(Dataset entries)
★ ★ ★ ★ ★
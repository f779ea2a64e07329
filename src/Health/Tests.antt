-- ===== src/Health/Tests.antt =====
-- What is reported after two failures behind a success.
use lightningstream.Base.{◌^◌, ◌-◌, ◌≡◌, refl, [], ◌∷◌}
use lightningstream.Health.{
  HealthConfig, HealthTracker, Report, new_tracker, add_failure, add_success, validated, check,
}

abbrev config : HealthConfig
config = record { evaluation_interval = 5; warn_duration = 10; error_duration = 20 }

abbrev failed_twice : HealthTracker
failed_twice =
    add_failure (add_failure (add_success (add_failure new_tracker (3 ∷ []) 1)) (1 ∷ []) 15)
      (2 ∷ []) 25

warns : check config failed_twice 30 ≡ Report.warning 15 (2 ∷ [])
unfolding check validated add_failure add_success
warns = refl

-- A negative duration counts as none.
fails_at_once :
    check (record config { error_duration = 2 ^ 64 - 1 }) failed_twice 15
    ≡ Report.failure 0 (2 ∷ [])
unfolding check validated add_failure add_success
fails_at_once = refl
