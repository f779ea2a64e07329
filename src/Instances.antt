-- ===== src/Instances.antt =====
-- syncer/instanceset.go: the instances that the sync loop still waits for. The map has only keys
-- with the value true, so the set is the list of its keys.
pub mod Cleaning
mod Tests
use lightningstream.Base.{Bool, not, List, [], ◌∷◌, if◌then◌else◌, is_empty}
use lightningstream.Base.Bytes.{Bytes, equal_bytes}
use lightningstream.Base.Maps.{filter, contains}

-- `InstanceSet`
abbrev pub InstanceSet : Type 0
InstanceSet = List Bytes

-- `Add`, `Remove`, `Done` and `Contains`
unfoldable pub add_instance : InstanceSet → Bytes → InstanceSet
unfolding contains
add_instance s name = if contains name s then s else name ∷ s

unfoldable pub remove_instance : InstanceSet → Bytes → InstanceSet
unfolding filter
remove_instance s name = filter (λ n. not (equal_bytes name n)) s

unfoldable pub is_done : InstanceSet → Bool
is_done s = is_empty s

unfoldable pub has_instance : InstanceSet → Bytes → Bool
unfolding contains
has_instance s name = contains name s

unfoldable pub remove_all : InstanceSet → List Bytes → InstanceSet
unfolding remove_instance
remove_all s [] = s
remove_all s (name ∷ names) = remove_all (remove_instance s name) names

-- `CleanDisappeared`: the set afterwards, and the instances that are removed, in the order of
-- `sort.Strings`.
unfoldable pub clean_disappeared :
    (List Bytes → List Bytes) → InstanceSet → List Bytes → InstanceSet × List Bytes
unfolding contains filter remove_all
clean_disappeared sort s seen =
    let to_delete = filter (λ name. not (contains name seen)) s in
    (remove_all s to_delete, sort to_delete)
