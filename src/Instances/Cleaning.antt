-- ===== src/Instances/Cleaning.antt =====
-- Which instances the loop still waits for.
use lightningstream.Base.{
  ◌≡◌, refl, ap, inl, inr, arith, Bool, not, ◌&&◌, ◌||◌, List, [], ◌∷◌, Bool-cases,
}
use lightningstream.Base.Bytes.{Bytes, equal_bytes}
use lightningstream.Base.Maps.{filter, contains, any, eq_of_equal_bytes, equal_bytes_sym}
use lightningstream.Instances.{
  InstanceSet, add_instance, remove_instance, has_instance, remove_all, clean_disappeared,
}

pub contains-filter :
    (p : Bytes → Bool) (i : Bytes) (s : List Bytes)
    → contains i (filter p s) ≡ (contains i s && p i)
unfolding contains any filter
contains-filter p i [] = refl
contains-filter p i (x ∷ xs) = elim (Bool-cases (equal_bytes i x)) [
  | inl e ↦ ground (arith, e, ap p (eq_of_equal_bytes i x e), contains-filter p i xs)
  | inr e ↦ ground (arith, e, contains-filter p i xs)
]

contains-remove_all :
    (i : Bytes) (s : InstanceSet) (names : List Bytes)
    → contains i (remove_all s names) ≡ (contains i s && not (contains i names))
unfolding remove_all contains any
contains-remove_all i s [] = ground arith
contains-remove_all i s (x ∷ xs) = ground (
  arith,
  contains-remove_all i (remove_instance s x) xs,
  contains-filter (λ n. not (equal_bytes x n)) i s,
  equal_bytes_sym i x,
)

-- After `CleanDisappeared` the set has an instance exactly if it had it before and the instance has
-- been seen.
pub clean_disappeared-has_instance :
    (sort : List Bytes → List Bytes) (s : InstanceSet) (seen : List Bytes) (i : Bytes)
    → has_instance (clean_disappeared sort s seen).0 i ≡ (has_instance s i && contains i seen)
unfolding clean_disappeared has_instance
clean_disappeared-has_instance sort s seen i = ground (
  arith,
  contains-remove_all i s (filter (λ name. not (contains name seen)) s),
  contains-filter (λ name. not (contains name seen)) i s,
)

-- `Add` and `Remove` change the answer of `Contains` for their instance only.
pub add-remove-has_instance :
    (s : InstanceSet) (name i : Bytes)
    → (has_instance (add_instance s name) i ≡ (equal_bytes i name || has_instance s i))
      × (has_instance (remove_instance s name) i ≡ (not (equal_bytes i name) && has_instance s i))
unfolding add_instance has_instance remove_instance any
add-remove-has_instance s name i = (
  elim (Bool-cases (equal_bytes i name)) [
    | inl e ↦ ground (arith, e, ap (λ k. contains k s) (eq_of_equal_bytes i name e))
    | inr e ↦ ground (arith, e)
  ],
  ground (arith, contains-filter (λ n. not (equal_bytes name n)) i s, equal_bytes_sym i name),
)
★ ★ ★ ★ ★
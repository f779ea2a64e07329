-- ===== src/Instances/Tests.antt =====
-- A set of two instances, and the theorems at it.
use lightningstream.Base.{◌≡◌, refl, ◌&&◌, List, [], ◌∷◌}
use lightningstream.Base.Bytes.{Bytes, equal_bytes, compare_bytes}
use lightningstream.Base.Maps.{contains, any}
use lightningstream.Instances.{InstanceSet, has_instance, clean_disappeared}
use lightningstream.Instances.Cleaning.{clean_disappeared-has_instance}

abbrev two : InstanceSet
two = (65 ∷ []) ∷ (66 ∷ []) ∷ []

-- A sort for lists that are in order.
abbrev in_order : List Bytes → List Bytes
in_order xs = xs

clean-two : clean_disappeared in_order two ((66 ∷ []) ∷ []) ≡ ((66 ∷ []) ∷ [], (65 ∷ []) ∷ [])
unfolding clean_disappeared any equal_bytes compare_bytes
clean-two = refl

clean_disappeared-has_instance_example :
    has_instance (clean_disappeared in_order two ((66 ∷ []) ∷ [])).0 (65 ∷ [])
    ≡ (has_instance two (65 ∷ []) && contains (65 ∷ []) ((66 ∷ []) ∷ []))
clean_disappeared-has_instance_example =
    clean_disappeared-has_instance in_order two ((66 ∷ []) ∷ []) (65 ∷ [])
★ ★ ★ ★ ★
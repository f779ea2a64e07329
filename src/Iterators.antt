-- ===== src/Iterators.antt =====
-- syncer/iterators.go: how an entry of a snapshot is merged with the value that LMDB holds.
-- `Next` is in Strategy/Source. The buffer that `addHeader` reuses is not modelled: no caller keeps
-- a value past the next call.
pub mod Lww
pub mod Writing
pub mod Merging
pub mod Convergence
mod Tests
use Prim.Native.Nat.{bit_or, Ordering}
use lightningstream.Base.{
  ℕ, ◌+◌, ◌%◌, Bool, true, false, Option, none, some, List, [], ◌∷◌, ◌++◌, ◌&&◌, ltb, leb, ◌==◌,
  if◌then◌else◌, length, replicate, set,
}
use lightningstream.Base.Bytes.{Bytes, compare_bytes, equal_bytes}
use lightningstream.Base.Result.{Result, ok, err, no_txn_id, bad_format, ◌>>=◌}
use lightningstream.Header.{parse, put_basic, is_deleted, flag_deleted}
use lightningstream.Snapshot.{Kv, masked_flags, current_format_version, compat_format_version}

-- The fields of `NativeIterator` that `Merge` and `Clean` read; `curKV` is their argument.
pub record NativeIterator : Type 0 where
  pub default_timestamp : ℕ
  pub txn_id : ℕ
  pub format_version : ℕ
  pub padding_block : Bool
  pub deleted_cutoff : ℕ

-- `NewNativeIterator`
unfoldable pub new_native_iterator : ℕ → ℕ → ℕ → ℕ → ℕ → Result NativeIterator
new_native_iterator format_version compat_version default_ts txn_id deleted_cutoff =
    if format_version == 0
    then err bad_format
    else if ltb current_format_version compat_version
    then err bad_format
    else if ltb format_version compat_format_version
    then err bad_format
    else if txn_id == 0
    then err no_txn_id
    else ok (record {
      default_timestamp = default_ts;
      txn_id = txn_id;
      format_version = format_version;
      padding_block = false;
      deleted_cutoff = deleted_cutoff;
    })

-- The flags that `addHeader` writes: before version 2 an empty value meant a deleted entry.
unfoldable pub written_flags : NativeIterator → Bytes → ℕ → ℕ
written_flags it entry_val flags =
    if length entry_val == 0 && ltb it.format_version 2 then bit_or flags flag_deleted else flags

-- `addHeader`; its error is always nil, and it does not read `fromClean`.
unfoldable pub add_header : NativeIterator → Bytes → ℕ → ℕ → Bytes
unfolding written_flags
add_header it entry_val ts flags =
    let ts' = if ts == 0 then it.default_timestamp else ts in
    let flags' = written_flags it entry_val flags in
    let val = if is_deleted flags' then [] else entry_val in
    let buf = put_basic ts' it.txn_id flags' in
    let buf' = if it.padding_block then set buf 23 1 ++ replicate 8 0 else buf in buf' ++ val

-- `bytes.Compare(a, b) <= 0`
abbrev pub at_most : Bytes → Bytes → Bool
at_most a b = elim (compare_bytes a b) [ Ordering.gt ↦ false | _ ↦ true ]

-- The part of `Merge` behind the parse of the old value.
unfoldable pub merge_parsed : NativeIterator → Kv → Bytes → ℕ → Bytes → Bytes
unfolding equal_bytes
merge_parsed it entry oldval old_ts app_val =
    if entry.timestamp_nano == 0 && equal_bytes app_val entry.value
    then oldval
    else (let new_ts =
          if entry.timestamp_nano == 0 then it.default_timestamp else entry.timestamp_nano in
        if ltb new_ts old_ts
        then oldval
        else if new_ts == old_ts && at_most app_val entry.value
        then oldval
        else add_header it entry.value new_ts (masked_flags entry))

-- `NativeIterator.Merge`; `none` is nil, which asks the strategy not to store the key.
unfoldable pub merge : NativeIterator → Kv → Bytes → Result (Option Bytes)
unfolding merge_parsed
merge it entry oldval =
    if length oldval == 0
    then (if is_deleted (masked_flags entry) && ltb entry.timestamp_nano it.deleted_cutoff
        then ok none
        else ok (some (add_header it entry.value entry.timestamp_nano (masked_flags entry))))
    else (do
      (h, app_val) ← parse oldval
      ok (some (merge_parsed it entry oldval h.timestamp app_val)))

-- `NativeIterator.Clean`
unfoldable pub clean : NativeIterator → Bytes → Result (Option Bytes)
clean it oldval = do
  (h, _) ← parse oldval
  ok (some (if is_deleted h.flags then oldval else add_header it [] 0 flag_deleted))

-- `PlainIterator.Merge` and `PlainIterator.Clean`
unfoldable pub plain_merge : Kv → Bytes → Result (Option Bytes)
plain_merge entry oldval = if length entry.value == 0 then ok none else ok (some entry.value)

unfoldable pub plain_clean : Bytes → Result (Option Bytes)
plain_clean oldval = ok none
★ ★ ★ ★ ★
**Activity**
Both the line containing "unfoldable pub plain_merge" and the line containing "plain_clean oldval = ok none" belong in the answer. Print them and every line above that falls between them exactly, and no others.

**Response box**
unfoldable pub plain_merge : Kv → Bytes → Result (Option Bytes)
plain_merge entry oldval = if length entry.value == 0 then ok none else ok (some entry.value)

unfoldable pub plain_clean : Bytes → Result (Option Bytes)
plain_clean oldval = ok none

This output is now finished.